Cemetery in Seattle, Washington, U.S.

Lake View Cemetery is a private cemetery located in Seattle, Washington, in the Capitol Hill neighborhood, just north of Volunteer Park. Known as "Seattle's Pioneer Cemetery," it is run by an independent, non-profit association. The cemetery was founded in 1872 by St.

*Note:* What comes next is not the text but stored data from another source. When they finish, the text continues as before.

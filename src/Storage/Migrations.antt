-- ===== src/Storage/Migrations.antt =====
-- internal/storage/timescale.go: `listMigrationFiles` and `runMigrations`. The directory, the files
-- and what the server answers are parameters. The transaction holds a lock, so that no other
-- changes the table of migrations.
pub mod Applied
use scraper.Base.{
  ℕ, ◌+◌, Bool, true, false, not, ◌&&◌, ◌||◌, List, [], ◌∷◌, ◌++◌, Option, none, some, ok, err,
  Result, ltb, ◌==◌, if◌then◌else◌,
}
use scraper.Base.State.{Action, pure, ◌>>=◌}
use scraper.Text.{Text, codes, text_eq}

-- strings.HasSuffix(s, ".sql")
unfoldable pub has_sql_suffix : Text → Bool
unfolding text_eq
has_sql_suffix [] = false
has_sql_suffix (c ∷ s) = text_eq (c ∷ s) (codes ".sql") || has_sql_suffix s

-- The order of strings.
unfoldable pub text_leb : Text → Text → Bool
text_leb [] t = true
text_leb (a ∷ s) [] = false
text_leb (a ∷ s) (b ∷ t) = ltb a b || (a == b && text_leb s t)

-- `sort.Strings`, by insertion.
unfoldable pub insert_text : Text → List Text → List Text
unfolding text_leb
insert_text s [] = s ∷ []
insert_text s (t ∷ ts) =
    let rest = insert_text s ts in if text_leb s t then s ∷ t ∷ ts else t ∷ rest

unfoldable pub sort_texts : List Text → List Text
unfolding insert_text
sort_texts [] = []
sort_texts (s ∷ ss) = insert_text s (sort_texts ss)

-- The names of the entries of the directory that are no directories and end in ".sql".
unfoldable pub migration_names : List (Text × Bool) → List Text
unfolding has_sql_suffix
migration_names [] = []
migration_names ((name, is_dir) ∷ entries) =
    let rest = migration_names entries in
    if not is_dir && has_sql_suffix name then name ∷ rest else rest

unfoldable pub list_migration_files : Result Text (List (Text × Bool)) → Result Text (List Text)
unfolding migration_names sort_texts
list_migration_files (err e) = err e
list_migration_files (ok entries) = ok (sort_texts (migration_names entries))

-- The table of migrations, and the files whose text was executed, newest first.
pub record Schema : Type 0 where
  pub migrations : List Text
  pub executed : List Text
  pub calls : ℕ

-- The steps that may fail, by the number of the call.
pub data MigrationCall : Type 0 where
  begins locks ensures commits : MigrationCall
  checks reads executes records : Text → MigrationCall

abbrev pub Answers : Type 0
Answers = ℕ → MigrationCall → Option Text

unfoldable pub is_applied : Text → List Text → Bool
is_applied file [] = false
is_applied file (f ∷ fs) = text_eq f file || is_applied file fs

abbrev pub M : Type 0 → Type 0
M A = Action Schema Text A

module _ (answers : Answers) where
  abbrev pub answered : Option Text → M (Unit {0})
  answered none s = (record s { calls = s.calls + 1 }, ok tt)
  answered (some e) s = (record s { calls = s.calls + 1 }, err e)

  abbrev pub call : MigrationCall → M (Unit {0})
  call c s = answered (answers s.calls c) s

  abbrev pub applied : Text → M (Unit {0})
  applied file s =
      (record s { migrations = file ∷ s.migrations; executed = file ∷ s.executed }, ok tt)

  -- The text of a file is read and executed, and its name is recorded; what is done shows at the end.
  abbrev pub apply_file : Text → M (Unit {0})
  apply_file file = do
    _ ← call (reads file)
    _ ← call (executes file)
    _ ← call (records file)
    applied file

  abbrev pub unless_applied : Text → Bool → M (Unit {0})
  unless_applied file true = pure tt
  unless_applied file false = apply_file file

  -- A round of the loop.
  abbrev pub migrate_file : Text → M (Unit {0})
  migrate_file file = do
    _ ← call (checks file)
    λ s. unless_applied file (is_applied file s.migrations) s

  unfoldable pub migrate_files : List Text → M (Unit {0})
  unfolding is_applied
  migrate_files [] = pure tt
  migrate_files (file ∷ files) = do _ ← migrate_file file; migrate_files files

  -- From the transaction's begin to its commit.
  unfoldable pub migrate_all : List Text → M (Unit {0})
  unfolding migrate_files
  migrate_all files = do
    _ ← call begins
    _ ← call locks
    _ ← call ensures
    _ ← migrate_files files
    call commits

  -- `runMigrations`: after an error the transaction is rolled back.
  abbrev pub rolled_back :
      Schema → Schema × Result Text (Unit {0}) → Schema × Result Text (Unit {0})
  rolled_back s (s', ok a) = (s', ok a)
  rolled_back s (s', err e) = (record s { calls = s'.calls }, err e)

  abbrev pub with_files : Result Text (List Text) → M (Unit {0})
  with_files (err e) s = (s, err e)
  with_files (ok files) s = rolled_back s (migrate_all files s)

  unfoldable pub run_migrations : Result Text (List (Text × Bool)) → M (Unit {0})
  unfolding migrate_all list_migration_files
  run_migrations directory = with_files (list_migration_files directory)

John's Lodge No. 9, Seattle's oldest Masonic lodge, on land acquired from Seattle pioneer Doc Maynard. Later renamed for its view of Lake Washington to the east.

==Interments==
- Princess Angeline – daughter of Chief Seattle
- Walter B. Beals – Chief Justice Washington State Supreme Court. Presiding Judge, Nuremberg War Crimes Trials, 1946–1947.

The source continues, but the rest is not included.